> _Task prompt_
An exact transcription of all the data is required.

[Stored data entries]
★ ★ ★ ★ ★ ★ ★

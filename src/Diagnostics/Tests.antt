-- ===== src/Diagnostics/Tests.antt =====
-- Runs of the diagnostics. The state is a number: memory works from 1 on, which its recovery sets.
use nonameos.Prelude.{ℕ, ◌*◌, ◌+◌, ◌≡◌, refl, true, false, some, none, leb, length}
use nonameos.Prelude.Counting.{count_if}
use nonameos.Diagnostics.{boot, normal, recovered, degraded, health, memory, vfs}
use nonameos.Diagnostics.Select.{run_all}
use nonameos.Diagnostics.Counts.{Sound, run_of, run_all-Sound}
use nonameos.Diagnostics.Mode.{mode_of, mode_for, healths_of, run_all-mode}
use nonameos.Diagnostics.Table.{Checks, diag_tests}

abbrev checks : Checks ℕ
checks = record {
  test_phys_alloc_and_free = λ s. (leb 1 s, s);
  test_phys_alloc_aligned = λ s. (true, s);
  test_phys_free_restores = λ s. (true, s);
  test_phys_double_free = λ s. (true, s);
  test_vfs_root_exists = λ s. (true, s);
  test_vfs_lookup_dev = λ s. (true, s);
  test_vfs_lookup_nonexistent = λ s. (true, s);
  test_vfs_create_and_write = λ s. (false, s);
  test_vfs_create_and_read = λ s. (true, s);
  test_ipc_register = λ s. (true, s);
  test_ipc_send_receive = λ s. (true, s);
  test_ipc_queue_overflow = λ s. (true, s);
  test_driver_register_device = λ s. (true, s);
  test_driver_match = λ s. (true, s);
  test_sched_init_state = λ s. (true, s);
  test_sched_thread_count = λ s. (true, s);
  test_shim_kmalloc = λ s. (true, s);
  test_shim_spinlock = λ s. (true, s);
  recovery_memory = λ s. (true, 1);
  recovery_vfs = λ s. (true, s);
  recovery_scheduler = λ s. (true, s);
}

abbrev broken : Checks ℕ
broken = record {
  test_phys_alloc_and_free = λ s. (leb 1 s, s);
  test_phys_alloc_aligned = λ s. (true, s);
  test_phys_free_restores = λ s. (true, s);
  test_phys_double_free = λ s. (true, s);
  test_vfs_root_exists = λ s. (true, s);
  test_vfs_lookup_dev = λ s. (true, s);
  test_vfs_lookup_nonexistent = λ s. (true, s);
  test_vfs_create_and_write = λ s. (false, s);
  test_vfs_create_and_read = λ s. (true, s);
  test_ipc_register = λ s. (true, s);
  test_ipc_send_receive = λ s. (true, s);
  test_ipc_queue_overflow = λ s. (true, s);
  test_driver_register_device = λ s. (true, s);
  test_driver_match = λ s. (true, s);
  test_sched_init_state = λ s. (true, s);
  test_sched_thread_count = λ s. (true, s);
  test_shim_kmalloc = λ s. (true, s);
  test_shim_spinlock = λ s. (true, s);
  recovery_memory = λ s. (false, s);
  recovery_vfs = λ s. (true, s);
  recovery_scheduler = λ s. (true, s);
}

table_length : length (diag_tests checks) ≡ 18
table_length = refl

memory_recovers : health memory (run_of (run_all (diag_tests checks) 0 boot)).diag ≡ recovered
unfolding run_all health count_if
memory_recovers = refl

vfs_degrades : health vfs (run_of (run_all (diag_tests checks) 0 boot)).diag ≡ degraded
unfolding run_all health count_if
vfs_degrades = refl

boots : mode_of (run_all (diag_tests checks) 0 boot) ≡ some normal
unfolding run_all count_if
boots = refl

halts : mode_of (run_all (diag_tests broken) 0 boot) ≡ none
unfolding run_all count_if
halts = refl

run_all-Sound_example :
    Sound
      (length (diag_tests checks))
      (3 * length (diag_tests checks) + 7)
      (run_of (run_all (diag_tests checks) 0 boot))
run_all-Sound_example = run_all-Sound (diag_tests checks) 0

run_all-mode_example :
    mode_of (run_all (diag_tests broken) 0 boot)
    ≡ mode_for (healths_of (run_all (diag_tests broken) 0 boot))
run_all-mode_example = run_all-mode (diag_tests broken) 0
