-- ===== src/Prelude/Find.antt =====
-- The kernel's tables are scanned by `for i in 0..N { if free(T[i]) { return Some(i); } }`.
use Prim.Native.Nat.{ℕ, zero, suc, ◌<◌}
use mathlib.Core.Path.{◌≡◌, refl, ap₂}
use mathlib.Core.Logic.{◌⊎◌, inl, inr}
use mathlib.Core.Bool.{Bool, true, false}
use mathlib.Core.List.{List, [], ◌∷◌, map}
use mathlib.Core.Option.{Option, none, some}
use native.Mathlib.Omega.{arith}
use nonameos.Prelude.Tests.{if◌then◌else◌, Bool-cases}
use nonameos.Prelude.Lists.{length, get_elem?, get_or}

abbrev pub next_index : Option ℕ → Option ℕ
next_index none = none
next_index (some i) = some (suc i)

module _ {ℓ} {A : Type ℓ} (p : A → Bool) where
  -- The first index, in scan order, whose entry passes the test.
  unfoldable pub find_index : List A → Option ℕ
  find_index [] = none
  find_index (x ∷ xs) = if p x then some 0 else next_index (find_index xs)

  -- No entry passes.
  abbrev pub NonePasses : List A → Type ℓ
  NonePasses xs = (j : ℕ) (a : A) → get_elem? xs j ≡ some a → p a ≡ false

  pub record IsFirst (xs : List A) (i : ℕ) : Type ℓ where
    pub entry : A
    pub there : get_elem? xs i ≡ some entry
    pub passes : p entry ≡ true
    pub earlier : (j : ℕ) (a : A) → j < i → get_elem? xs j ≡ some a → p a ≡ false

  NonePasses-cons : (x : A) (xs : List A) → p x ≡ false → NonePasses xs → NonePasses (x ∷ xs)
  NonePasses-cons x xs h rest zero a e = ground arith
  NonePasses-cons x xs h rest (suc j) a e = rest j a e

  earlier-cons :
      (x : A) (xs : List A) (i : ℕ)
      → p x ≡ false
      → ((j : ℕ) (a : A) → j < i → get_elem? xs j ≡ some a → p a ≡ false)
      → (j : ℕ) (a : A) → j < suc i
      → get_elem? (x ∷ xs) j ≡ some a
      → p a ≡ false
  earlier-cons x xs i h rest zero a lt e = ground arith
  earlier-cons x xs i h rest (suc j) a lt e = rest j a (omega arith) e

  abbrev pub Finds : List A → Type ℓ
  Finds xs =
      ((find_index xs ≡ none) × NonePasses xs) ⊎ ((i : ℕ) × (find_index xs ≡ some i) × IsFirst xs i)

  -- The scan fails only where no entry passes, and else stops at the first that does.
  pub find_index_cases : (xs : List A) → Finds xs
  unfolding find_index
  find_index_cases [] = inl (refl, λ j a e. absurd (cc))
  find_index_cases (x ∷ xs) = elim (Bool-cases (p x)) [
    | inl hit ↦ inr (
      0,
      rw hit,
      record { entry = x; there = refl; passes = hit; earlier = λ j a lt e. elim lt [ ] },
    )
    | inr miss ↦ elim (find_index_cases xs) [
      | inl (e, no_hit) ↦ inl (rw (miss, e), NonePasses-cons x xs miss no_hit)
      | inr (i, e, first) ↦ inr (
        suc i,
        rw (miss, e),
        record {
          entry = first.entry;
          there = first.there;
          passes = first.passes;
          earlier = earlier-cons x xs i miss first.earlier;
        },
      )
    ]
  ]

module _ {ℓ κ} {A : Type ℓ} {B : Type κ} (f : A → B) (p : B → Bool) (q : A → Bool) where
  -- A scan of the images, where the two tests agree on every entry.
  pub find_index-map :
      (xs : List A) (d : A)
      → ((i : ℕ) → i < length xs → q (get_or xs i d) ≡ p (f (get_or xs i d)))
      → find_index q xs ≡ find_index p (map f xs)
  unfolding find_index
  find_index-map [] d h = refl
  find_index-map (x ∷ xs) d h =
      ap₂ (λ b r. if b then some 0 else next_index r) (h 0 (omega arith))
        (find_index-map xs d (λ i lt. h (suc i) (omega arith)))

★ ★ ★ ★ ★ ★ ★

> _Response area_
filename src/Diagnostics/Tests.antt
-- ===== src/Diagnostics/Tests.antt =====
-- Runs of the diagnostics. The state is a number: memory works from 1 on, which its recovery sets.
use nonameos.Prelude.{ℕ, ◌*◌, ◌+◌, ◌≡◌, refl, true, false, some, none, leb, length}
use nonameos.Prelude.Counting.{count_if}
use nonameos.Diagnostics.{boot, normal, recovered, degraded, health, memory, vfs}
use nonameos.Diagnostics.Select.{run_all}
use nonameos.Diagnostics.Counts.{Sound, run_of, run_all-Sound}
use nonameos.Diagnostics.Mode.{mode_of, mode_for, healths_of, run_all-mode}
use nonameos.Diagnostics.Table.{Checks, diag_tests}

abbrev checks : Checks ℕ
checks = record {
  test_phys_alloc_and_free = λ s. (leb 1 s, s);
  test_phys_alloc_aligned = λ s. (true, s);
  test_phys_free_restores = λ s. (true, s);
  test_phys_double_free = λ s. (true, s);
  test_vfs_root_exists = λ s. (true, s);
  test_vfs_lookup_dev = λ s. (true, s);
  test_vfs_lookup_nonexistent = λ s. (true, s);
  test_vfs_create_and_write = λ s. (false, s);
  test_vfs_create_and_read = λ s. (true, s);
  test_ipc_register = λ s. (true, s);
  test_ipc_send_receive = λ s. (true, s);
  test_ipc_queue_overflow = λ s. (true, s);
  test_driver_register_device = λ s. (true, s);
  test_driver_match = λ s. (true, s);
  test_sched_init_state = λ s. (true, s);
  test_sched_thread_count = λ s. (true, s);
  test_shim_kmalloc = λ s. (true, s);
  test_shim_spinlock = λ s. (true, s);
  recovery_memory = λ s. (true, 1);
  recovery_vfs = λ s. (true, s);
  recovery_scheduler = λ s. (true, s);
}

abbrev broken : Checks ℕ
broken = record {
  test_phys_alloc_and_free = λ s. (leb 1 s, s);
  test_phys_alloc_aligned = λ s. (true, s);
  test_phys_free_restores = λ s. (true, s);
  test_phys_double_free = λ s. (true, s);
  test_vfs_root_exists = λ s. (true, s);
  test_vfs_lookup_dev = λ s. (true, s);
  test_vfs_lookup_nonexistent = λ s. (true, s);
  test_vfs_create_and_write = λ s. (false, s);
  test_vfs_create_and_read = λ s. (true, s);
  test_ipc_register = λ s. (true, s);
  test_ipc_send_receive = λ s. (true, s);
  test_ipc_queue_overflow = λ s. (true, s);
  test_driver_register_device = λ s. (true, s);
  test_driver_match = λ s. (true, s);
  test_sched_init_state = λ s. (true, s);
  test_sched_thread_count = λ s. (true, s);
  test_shim_kmalloc = λ s. (true, s);
  test_shim_spinlock = λ s. (true, s);
  recovery_memory = λ s. (false, s);
  recovery_vfs = λ s. (true, s);
  recovery_scheduler = λ s. (true, s);
}

table_length : length (diag_tests checks) ≡ 18
table_length = refl

memory_recovers : health memory (run_of (run_all (diag_tests checks) 0 boot)).diag ≡ recovered
unfolding run_all health count_if
memory_recovers = refl

vfs_degrades : health vfs (run_of (run_all (diag_tests checks) 0 boot)).diag ≡ degraded
unfolding run_all health count_if
vfs_degrades = refl

boots : mode_of (run_all (diag_tests checks) 0 boot) ≡ some normal
unfolding run_all count_if
boots = refl

halts : mode_of (run_all (diag_tests broken) 0 boot) ≡ none
unfolding run_all count_if
halts = refl

run_all-Sound_example :
    Sound
      (length (diag_tests checks))
      (3 * length (diag_tests checks) + 7)
      (run_of (run_all (diag_tests checks) 0 boot))
run_all-Sound_example = run_all-Sound (diag_tests checks) 0

run_all-mode_example :
    mode_of (run_all (diag_tests broken) 0 boot)
    ≡ mode_for (healths_of (run_all (diag_tests broken) 0 boot))
run_all-mode_example = run_all-mode (diag_tests broken) 0
-- ===== src/Prelude/Find.antt =====
-- The kernel's tables are scanned by `for i in 0..N { if free(T[i]) { return Some(i); } }`.
use Prim.Native.Nat.{ℕ, zero, suc, ◌<◌}
use mathlib.Core.Path.{◌≡◌, refl, ap₂}
use mathlib.Core.Logic.{◌⊎◌, inl, inr}
use mathlib.Core.Bool.{Bool, true, false}
use mathlib.Core.List.{List, [], ◌∷◌, map}
use mathlib.Core.Option.{Option, none, some}
use native.Mathlib.Omega.{arith}
use nonameos.Prelude.Tests.{if◌then◌else◌, Bool-cases}
use nonameos.Prelude.Lists.{length, get_elem?, get_or}

abbrev pub next_index : Option ℕ → Option ℕ
next_index none = none
next_index (some i) = some (suc i)

module _ {ℓ} {A : Type ℓ} (p : A → Bool) where
  -- The first index, in scan order, whose entry passes the test.
  unfoldable pub find_index : List A → Option ℕ
  find_index [] = none
  find_index (x ∷ xs) = if p x then some 0 else next_index (find_index xs)

  -- No entry passes.
  abbrev pub NonePasses : List A → Type ℓ
  NonePasses xs = (j : ℕ) (a : A) → get_elem? xs j ≡ some a → p a ≡ false

  pub record IsFirst (xs : List A) (i : ℕ) : Type ℓ where
    pub entry : A
    pub there : get_elem? xs i ≡ some entry
    pub passes : p entry ≡ true
    pub earlier : (j : ℕ) (a : A) → j < i → get_elem? xs j ≡ some a → p a ≡ false

  NonePasses-cons : (x : A) (xs : List A) → p x ≡ false → NonePasses xs → NonePasses (x ∷ xs)
  NonePasses-cons x xs h rest zero a e = ground arith
  NonePasses-cons x xs h rest (suc j) a e = rest j a e

  earlier-cons :
      (x : A) (xs : List A) (i : ℕ)
      → p x ≡ false
      → ((j : ℕ) (a : A) → j < i → get_elem? xs j ≡ some a → p a ≡ false)
      → (j : ℕ) (a : A) → j < suc i
      → get_elem? (x ∷ xs) j ≡ some a
      → p a ≡ false
  earlier-cons x xs i h rest zero a lt e = ground arith
  earlier-cons x xs i h rest (suc j) a lt e = rest j a (omega arith) e

  abbrev pub Finds : List A → Type ℓ
  Finds xs =
      ((find_index xs ≡ none) × NonePasses xs) ⊎ ((i : ℕ) × (find_index xs ≡ some i) × IsFirst xs i)

  -- The scan fails only where no entry passes, and else stops at the first that does.
  pub find_index_cases : (xs : List A) → Finds xs
  unfolding find_index
  find_index_cases [] = inl (refl, λ j a e. absurd (cc))
  find_index_cases (x ∷ xs) = elim (Bool-cases (p x)) [
    | inl hit ↦ inr (
      0,
      rw hit,
      record { entry = x; there = refl; passes = hit; earlier = λ j a lt e. elim lt [ ] },
    )
    | inr miss ↦ elim (find_index_cases xs) [
      | inl (e, no_hit) ↦ inl (rw (miss, e), NonePasses-cons x xs miss no_hit)
      | inr (i, e, first) ↦ inr (
        suc i,
        rw (miss, e),
        record {
          entry = first.entry;
          there = first.there;
          passes = first.passes;
          earlier = earlier-cons x xs i miss first.earlier;
        },
      )
    ]
  ]

module _ {ℓ κ} {A : Type ℓ} {B : Type κ} (f : A → B) (p : B → Bool) (q : A → Bool) where
  -- A scan of the images, where the two tests agree on every entry.
  pub find_index-map :
      (xs : List A) (d : A)
      → ((i : ℕ) → i < length xs → q (get_or xs i d) ≡ p (f (get_or xs i d)))
      → find_index q xs ≡ find_index p (map f xs)
  unfolding find_index
  find_index-map [] d h = refl
  find_index-map (x ∷ xs) d h =
      ap₂ (λ b r. if b then some 0 else next_index r) (h 0 (omega arith))
        (find_index-map xs d (λ i lt. h (suc i) (omega arith)))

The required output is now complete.